**What you are asked to do**
Determine how many lines of the listing contain the word "others". The reply is that number alone.

**Records for the task**
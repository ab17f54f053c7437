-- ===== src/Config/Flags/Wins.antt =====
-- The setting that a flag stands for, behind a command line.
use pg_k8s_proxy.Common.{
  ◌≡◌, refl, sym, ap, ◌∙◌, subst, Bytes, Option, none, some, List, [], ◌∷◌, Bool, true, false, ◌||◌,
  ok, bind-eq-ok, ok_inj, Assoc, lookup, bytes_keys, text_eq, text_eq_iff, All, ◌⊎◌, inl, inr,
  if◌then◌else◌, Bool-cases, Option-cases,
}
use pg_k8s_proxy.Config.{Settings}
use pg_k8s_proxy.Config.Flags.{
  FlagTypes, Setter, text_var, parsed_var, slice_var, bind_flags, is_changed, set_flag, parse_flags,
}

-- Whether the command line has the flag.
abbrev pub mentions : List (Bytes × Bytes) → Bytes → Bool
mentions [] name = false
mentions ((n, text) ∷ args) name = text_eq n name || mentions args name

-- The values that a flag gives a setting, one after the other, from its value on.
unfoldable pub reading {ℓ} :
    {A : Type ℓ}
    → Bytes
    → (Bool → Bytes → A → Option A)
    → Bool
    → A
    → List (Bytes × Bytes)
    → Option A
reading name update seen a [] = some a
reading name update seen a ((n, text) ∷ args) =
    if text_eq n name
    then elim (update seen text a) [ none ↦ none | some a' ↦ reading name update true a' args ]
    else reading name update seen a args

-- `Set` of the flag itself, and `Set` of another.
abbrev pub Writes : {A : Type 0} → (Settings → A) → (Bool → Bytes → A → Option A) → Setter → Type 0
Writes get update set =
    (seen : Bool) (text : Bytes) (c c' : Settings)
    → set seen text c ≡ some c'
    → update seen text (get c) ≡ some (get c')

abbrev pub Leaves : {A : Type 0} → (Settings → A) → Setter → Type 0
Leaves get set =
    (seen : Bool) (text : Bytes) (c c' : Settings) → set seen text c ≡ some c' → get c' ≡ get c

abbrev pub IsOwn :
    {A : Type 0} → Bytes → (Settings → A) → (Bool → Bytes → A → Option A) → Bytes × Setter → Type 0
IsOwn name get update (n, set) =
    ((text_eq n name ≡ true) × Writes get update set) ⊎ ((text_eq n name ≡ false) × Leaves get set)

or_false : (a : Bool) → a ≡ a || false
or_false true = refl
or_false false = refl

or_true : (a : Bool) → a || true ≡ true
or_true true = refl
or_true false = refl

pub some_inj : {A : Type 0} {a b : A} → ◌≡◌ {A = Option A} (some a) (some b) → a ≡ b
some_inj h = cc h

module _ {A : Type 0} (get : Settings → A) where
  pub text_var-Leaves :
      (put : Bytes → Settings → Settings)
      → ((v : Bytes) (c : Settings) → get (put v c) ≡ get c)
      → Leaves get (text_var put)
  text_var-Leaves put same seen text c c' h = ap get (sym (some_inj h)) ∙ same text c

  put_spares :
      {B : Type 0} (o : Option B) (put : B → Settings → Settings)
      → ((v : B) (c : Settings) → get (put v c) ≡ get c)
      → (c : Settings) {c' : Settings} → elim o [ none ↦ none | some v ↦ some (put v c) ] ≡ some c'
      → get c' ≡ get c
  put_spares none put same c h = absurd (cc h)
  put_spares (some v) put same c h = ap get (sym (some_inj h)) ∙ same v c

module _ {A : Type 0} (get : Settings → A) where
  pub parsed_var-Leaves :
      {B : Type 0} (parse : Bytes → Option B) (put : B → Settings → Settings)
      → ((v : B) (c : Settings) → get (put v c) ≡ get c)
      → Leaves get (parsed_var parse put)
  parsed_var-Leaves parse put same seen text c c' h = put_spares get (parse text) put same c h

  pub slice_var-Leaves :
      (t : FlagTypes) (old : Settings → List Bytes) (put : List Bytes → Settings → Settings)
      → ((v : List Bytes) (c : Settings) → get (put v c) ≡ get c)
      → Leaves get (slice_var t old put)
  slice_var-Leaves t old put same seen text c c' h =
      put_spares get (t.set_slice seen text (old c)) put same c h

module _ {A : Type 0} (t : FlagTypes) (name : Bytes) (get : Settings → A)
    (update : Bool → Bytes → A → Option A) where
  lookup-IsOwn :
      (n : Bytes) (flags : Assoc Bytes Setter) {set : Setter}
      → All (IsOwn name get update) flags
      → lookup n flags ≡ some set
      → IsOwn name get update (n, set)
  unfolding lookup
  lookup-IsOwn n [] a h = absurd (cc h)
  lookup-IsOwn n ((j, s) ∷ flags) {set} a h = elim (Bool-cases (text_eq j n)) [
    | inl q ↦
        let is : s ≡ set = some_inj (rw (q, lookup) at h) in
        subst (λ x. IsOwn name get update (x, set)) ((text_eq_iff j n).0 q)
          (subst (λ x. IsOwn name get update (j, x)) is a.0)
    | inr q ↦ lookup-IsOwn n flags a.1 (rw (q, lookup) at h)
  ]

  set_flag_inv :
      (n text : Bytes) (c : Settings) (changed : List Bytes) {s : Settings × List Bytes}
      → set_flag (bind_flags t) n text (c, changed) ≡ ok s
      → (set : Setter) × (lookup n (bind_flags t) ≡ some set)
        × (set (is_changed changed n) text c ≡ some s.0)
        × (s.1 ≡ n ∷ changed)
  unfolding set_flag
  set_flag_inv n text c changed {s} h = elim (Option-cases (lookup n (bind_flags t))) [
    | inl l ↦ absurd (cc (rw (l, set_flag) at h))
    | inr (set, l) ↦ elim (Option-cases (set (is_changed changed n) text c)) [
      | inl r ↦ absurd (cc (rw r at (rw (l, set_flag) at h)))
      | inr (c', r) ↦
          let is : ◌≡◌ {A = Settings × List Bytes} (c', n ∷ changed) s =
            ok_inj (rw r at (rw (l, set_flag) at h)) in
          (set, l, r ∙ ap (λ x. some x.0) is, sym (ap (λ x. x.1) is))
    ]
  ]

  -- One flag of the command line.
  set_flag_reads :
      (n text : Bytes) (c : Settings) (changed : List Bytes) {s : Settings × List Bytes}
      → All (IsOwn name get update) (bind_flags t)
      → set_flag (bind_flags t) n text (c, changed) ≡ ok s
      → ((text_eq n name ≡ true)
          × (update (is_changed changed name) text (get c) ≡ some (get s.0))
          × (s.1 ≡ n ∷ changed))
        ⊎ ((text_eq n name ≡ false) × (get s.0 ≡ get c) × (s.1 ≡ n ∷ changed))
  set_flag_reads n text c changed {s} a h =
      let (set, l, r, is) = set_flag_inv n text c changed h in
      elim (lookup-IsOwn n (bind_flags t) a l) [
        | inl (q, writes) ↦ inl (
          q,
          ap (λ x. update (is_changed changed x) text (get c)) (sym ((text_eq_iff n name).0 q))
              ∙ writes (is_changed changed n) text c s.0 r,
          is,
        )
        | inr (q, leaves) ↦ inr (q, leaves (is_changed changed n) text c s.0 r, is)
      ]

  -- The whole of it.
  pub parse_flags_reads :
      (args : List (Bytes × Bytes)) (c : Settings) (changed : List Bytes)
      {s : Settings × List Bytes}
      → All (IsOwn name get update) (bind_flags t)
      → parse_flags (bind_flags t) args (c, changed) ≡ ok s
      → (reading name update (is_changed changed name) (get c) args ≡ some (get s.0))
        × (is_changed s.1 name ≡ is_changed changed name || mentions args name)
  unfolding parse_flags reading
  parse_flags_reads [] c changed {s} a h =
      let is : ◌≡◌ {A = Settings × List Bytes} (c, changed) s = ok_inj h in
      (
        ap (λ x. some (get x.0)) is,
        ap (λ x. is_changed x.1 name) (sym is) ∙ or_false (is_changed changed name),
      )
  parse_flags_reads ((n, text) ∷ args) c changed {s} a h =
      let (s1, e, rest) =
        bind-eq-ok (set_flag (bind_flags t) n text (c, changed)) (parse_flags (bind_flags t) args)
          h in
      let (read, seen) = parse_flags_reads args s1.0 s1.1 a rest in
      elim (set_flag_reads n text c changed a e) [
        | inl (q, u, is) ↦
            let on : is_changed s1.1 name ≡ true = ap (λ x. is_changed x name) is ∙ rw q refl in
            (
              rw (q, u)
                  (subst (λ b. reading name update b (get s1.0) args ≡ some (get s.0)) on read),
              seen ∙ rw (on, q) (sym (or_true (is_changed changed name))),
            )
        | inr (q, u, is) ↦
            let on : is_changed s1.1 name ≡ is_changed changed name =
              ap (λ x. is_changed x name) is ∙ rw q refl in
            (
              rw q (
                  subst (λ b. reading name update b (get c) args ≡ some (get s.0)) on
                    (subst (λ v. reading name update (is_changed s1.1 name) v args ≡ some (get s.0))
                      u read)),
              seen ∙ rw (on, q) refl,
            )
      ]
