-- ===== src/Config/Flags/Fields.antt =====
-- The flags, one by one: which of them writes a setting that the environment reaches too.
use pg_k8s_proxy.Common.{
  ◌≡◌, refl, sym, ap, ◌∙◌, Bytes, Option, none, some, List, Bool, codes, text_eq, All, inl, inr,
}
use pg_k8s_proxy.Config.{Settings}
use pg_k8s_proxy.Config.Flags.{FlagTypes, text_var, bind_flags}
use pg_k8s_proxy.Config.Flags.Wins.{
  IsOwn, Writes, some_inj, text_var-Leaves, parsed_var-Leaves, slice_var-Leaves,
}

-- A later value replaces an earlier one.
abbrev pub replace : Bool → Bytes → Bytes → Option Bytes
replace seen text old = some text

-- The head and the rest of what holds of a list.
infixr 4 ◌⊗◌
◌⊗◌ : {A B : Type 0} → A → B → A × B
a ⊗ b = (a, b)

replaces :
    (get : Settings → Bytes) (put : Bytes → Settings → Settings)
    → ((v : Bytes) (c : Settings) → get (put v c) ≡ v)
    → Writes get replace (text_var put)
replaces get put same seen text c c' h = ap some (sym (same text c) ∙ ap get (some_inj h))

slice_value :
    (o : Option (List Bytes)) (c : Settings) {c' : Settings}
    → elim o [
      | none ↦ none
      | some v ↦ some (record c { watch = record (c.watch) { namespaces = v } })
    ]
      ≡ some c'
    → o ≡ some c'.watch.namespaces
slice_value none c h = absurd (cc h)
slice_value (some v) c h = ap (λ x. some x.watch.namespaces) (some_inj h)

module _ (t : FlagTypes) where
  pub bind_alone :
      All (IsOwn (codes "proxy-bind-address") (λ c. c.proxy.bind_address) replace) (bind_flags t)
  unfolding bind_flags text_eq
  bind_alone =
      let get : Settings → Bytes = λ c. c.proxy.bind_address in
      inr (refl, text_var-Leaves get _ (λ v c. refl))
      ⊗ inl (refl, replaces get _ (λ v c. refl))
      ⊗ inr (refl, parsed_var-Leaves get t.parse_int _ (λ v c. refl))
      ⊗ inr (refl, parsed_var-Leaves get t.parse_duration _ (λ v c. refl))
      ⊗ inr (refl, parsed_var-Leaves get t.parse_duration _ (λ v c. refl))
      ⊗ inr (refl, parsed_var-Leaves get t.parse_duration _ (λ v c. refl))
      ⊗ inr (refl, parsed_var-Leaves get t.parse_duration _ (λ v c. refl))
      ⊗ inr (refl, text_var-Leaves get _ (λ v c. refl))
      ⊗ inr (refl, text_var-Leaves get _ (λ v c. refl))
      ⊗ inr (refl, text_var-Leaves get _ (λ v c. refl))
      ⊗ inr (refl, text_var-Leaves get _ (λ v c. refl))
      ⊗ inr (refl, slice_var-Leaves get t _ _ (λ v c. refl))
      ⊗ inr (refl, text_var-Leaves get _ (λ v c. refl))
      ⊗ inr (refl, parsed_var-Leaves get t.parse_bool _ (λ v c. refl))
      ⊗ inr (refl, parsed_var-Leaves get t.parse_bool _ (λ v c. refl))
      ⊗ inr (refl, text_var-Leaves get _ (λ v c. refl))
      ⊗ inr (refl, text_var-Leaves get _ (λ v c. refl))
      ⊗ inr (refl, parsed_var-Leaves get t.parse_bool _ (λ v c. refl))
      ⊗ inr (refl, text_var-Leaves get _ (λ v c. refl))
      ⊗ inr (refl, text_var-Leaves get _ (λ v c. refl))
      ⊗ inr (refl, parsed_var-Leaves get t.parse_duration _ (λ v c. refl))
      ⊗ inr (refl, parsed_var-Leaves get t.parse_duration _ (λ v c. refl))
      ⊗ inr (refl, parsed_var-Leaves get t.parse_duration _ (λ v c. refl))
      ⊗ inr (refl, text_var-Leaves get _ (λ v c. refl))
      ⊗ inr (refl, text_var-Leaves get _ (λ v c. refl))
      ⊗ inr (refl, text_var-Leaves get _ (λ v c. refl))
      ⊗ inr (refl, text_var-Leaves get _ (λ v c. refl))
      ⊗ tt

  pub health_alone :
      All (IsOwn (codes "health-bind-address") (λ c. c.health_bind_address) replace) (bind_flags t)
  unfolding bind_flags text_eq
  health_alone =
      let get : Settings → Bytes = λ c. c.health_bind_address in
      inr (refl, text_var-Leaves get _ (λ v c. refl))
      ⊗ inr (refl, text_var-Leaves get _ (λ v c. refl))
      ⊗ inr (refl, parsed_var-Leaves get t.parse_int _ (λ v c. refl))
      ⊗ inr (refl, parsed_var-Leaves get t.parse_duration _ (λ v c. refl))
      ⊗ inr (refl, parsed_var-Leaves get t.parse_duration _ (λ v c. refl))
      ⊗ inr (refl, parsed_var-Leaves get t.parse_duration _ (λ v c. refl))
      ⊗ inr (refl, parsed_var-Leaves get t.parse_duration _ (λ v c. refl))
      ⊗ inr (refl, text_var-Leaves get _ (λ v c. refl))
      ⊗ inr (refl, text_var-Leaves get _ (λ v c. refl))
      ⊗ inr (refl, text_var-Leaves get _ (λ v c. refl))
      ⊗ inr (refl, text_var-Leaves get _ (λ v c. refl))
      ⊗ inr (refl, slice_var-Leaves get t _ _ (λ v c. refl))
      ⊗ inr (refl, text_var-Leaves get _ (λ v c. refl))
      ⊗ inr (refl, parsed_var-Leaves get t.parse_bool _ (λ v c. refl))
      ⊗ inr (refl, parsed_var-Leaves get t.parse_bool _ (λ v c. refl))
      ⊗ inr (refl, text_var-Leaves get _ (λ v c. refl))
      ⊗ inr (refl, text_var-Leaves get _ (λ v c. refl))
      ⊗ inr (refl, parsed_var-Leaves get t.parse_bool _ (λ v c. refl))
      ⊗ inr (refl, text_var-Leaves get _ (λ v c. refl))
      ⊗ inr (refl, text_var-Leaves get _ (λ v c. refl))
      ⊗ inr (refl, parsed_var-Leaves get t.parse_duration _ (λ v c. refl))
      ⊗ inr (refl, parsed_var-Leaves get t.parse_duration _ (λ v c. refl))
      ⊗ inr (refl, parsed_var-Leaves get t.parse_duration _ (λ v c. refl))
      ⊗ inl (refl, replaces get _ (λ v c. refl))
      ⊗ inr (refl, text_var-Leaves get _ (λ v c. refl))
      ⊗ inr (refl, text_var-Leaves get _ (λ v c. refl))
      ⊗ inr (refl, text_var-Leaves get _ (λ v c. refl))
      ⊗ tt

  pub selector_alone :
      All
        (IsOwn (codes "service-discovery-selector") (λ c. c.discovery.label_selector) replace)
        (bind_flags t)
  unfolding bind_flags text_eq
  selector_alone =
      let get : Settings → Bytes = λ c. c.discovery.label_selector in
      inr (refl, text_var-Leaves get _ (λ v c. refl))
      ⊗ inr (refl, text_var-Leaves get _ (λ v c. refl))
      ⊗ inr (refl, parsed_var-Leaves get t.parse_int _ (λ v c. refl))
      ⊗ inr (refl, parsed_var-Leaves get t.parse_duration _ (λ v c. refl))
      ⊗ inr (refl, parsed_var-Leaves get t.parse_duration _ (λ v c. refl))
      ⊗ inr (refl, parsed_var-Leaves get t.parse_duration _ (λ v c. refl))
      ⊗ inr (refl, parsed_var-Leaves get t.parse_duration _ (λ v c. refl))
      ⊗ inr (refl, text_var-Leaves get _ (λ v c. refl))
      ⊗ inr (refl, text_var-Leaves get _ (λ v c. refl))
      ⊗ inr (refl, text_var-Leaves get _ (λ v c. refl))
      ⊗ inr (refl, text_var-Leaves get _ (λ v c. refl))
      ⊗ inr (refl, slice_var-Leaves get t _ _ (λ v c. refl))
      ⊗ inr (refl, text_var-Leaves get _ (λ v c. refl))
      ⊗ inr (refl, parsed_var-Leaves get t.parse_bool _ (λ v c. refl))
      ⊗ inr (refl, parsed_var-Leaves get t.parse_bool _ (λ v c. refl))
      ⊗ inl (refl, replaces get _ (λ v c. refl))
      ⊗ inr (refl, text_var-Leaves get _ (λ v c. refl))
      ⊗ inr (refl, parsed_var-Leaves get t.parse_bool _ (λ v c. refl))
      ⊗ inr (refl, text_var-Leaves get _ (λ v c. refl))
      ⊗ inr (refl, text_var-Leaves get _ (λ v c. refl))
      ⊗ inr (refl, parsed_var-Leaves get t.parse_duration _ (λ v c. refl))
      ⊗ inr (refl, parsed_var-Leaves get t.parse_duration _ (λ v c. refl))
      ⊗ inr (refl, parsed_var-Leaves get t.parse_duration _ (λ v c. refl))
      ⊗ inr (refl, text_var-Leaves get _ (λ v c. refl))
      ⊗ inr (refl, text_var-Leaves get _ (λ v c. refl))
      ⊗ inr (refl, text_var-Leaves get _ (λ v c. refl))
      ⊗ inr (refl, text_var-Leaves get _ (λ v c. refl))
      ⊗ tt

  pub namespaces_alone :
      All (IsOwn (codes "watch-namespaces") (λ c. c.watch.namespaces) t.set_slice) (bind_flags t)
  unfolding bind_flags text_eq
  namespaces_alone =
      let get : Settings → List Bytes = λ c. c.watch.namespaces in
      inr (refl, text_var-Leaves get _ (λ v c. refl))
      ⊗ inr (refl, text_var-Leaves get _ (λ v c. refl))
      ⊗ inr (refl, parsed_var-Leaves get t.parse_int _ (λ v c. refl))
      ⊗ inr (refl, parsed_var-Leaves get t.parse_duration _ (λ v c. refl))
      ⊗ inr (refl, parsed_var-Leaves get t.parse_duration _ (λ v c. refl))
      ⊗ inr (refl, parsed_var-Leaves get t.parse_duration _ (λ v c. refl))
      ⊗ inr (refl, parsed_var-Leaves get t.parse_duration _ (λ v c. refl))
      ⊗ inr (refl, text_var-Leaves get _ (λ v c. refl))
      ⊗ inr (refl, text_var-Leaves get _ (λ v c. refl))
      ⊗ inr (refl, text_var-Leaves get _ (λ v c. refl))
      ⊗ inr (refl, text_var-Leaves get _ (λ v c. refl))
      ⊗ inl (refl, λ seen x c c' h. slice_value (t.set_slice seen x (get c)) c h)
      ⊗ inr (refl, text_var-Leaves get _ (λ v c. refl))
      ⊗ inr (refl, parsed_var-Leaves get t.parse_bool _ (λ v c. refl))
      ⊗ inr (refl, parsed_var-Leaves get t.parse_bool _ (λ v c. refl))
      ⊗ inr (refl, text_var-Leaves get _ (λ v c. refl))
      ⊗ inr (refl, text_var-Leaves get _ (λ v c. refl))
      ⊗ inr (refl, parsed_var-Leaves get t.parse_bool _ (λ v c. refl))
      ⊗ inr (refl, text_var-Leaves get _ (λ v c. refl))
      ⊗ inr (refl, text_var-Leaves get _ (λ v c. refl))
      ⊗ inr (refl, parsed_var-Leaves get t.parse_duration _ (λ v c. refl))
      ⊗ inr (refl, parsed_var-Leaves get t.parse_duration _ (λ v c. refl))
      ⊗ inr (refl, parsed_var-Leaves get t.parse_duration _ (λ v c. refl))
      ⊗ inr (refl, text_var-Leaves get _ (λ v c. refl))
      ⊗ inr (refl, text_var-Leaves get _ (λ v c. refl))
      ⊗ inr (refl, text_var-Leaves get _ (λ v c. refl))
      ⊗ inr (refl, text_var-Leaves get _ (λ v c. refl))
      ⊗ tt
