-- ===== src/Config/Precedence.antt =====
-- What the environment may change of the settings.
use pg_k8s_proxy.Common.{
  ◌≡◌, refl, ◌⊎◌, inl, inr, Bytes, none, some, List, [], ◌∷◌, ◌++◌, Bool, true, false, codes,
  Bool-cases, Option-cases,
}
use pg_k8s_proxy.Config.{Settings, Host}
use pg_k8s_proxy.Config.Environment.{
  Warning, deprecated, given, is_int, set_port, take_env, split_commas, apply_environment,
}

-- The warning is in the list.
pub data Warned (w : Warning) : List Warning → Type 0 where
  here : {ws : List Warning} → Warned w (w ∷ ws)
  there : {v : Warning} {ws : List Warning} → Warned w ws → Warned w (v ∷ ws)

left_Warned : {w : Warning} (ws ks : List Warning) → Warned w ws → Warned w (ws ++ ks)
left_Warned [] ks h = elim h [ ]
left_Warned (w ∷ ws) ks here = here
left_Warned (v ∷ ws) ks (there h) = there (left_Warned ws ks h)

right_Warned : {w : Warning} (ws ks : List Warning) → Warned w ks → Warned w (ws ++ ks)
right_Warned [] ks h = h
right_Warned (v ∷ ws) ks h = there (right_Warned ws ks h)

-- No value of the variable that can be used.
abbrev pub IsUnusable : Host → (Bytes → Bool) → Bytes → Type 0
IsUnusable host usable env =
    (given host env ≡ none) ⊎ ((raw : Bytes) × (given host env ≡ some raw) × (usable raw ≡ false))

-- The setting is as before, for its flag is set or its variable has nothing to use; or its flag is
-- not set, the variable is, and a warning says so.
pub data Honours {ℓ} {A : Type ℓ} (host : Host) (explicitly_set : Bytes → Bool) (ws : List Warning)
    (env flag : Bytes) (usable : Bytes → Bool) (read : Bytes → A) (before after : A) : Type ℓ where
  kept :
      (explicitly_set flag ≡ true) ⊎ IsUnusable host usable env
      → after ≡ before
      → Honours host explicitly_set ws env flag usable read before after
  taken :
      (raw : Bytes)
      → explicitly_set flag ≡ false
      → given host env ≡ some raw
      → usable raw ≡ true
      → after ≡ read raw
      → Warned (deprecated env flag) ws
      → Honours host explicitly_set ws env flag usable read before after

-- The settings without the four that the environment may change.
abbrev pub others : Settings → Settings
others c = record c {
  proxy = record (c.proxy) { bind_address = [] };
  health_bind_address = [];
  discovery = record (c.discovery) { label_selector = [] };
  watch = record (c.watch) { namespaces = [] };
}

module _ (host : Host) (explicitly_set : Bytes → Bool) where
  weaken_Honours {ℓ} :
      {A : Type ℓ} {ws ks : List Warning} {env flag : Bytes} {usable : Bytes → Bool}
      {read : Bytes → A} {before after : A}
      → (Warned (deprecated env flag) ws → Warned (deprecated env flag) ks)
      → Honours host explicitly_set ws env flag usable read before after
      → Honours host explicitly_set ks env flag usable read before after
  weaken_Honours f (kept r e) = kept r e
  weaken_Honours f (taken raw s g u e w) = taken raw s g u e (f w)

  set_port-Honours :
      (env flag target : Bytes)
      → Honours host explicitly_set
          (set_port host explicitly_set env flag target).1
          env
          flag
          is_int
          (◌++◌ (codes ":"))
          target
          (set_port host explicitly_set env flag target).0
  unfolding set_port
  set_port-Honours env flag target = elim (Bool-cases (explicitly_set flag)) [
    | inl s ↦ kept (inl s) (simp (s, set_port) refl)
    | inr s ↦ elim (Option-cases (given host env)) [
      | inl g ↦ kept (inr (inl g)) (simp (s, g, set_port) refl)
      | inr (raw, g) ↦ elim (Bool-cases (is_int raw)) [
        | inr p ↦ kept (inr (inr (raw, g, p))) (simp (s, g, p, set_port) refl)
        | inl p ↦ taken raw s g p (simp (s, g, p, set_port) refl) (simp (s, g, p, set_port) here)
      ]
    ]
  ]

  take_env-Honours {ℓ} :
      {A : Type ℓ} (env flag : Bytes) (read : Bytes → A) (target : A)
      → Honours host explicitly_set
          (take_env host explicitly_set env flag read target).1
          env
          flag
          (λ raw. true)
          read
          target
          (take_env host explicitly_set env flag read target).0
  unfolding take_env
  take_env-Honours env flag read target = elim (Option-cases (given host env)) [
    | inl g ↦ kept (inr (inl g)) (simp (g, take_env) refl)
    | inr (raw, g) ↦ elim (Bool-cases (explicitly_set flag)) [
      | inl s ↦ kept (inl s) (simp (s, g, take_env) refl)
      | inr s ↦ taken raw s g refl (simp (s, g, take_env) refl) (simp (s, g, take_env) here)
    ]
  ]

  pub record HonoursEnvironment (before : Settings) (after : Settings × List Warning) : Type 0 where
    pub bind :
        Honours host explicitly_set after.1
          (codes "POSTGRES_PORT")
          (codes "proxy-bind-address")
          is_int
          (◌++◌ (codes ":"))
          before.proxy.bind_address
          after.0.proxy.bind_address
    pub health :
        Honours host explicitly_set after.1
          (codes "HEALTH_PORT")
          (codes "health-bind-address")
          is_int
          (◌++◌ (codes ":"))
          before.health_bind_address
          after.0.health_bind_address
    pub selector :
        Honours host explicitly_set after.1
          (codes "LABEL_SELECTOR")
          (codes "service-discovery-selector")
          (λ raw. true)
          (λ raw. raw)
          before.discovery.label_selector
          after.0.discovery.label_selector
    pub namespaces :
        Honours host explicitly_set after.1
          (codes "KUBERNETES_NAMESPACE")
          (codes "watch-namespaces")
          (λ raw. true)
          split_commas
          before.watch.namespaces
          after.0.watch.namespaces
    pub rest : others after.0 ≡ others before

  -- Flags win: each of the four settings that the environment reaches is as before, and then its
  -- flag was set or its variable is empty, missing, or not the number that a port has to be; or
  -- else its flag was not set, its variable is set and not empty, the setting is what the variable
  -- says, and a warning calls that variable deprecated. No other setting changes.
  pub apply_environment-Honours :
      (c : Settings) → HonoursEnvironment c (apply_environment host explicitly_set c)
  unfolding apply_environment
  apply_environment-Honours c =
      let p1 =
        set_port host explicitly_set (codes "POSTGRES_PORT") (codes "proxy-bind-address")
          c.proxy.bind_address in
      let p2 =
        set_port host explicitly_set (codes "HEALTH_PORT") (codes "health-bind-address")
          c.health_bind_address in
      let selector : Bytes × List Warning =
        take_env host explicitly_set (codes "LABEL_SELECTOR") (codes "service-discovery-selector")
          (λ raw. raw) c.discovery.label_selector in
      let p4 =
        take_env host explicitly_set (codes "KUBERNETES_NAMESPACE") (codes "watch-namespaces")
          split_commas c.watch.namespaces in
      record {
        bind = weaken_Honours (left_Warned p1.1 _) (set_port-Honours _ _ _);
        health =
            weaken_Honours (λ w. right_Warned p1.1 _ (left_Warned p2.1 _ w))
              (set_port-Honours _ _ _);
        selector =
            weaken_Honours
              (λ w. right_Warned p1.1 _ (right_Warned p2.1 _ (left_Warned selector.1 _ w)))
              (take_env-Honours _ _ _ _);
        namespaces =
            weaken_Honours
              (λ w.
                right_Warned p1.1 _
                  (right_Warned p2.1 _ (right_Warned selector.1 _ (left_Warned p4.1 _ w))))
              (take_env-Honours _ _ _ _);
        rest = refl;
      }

**Expected output**
3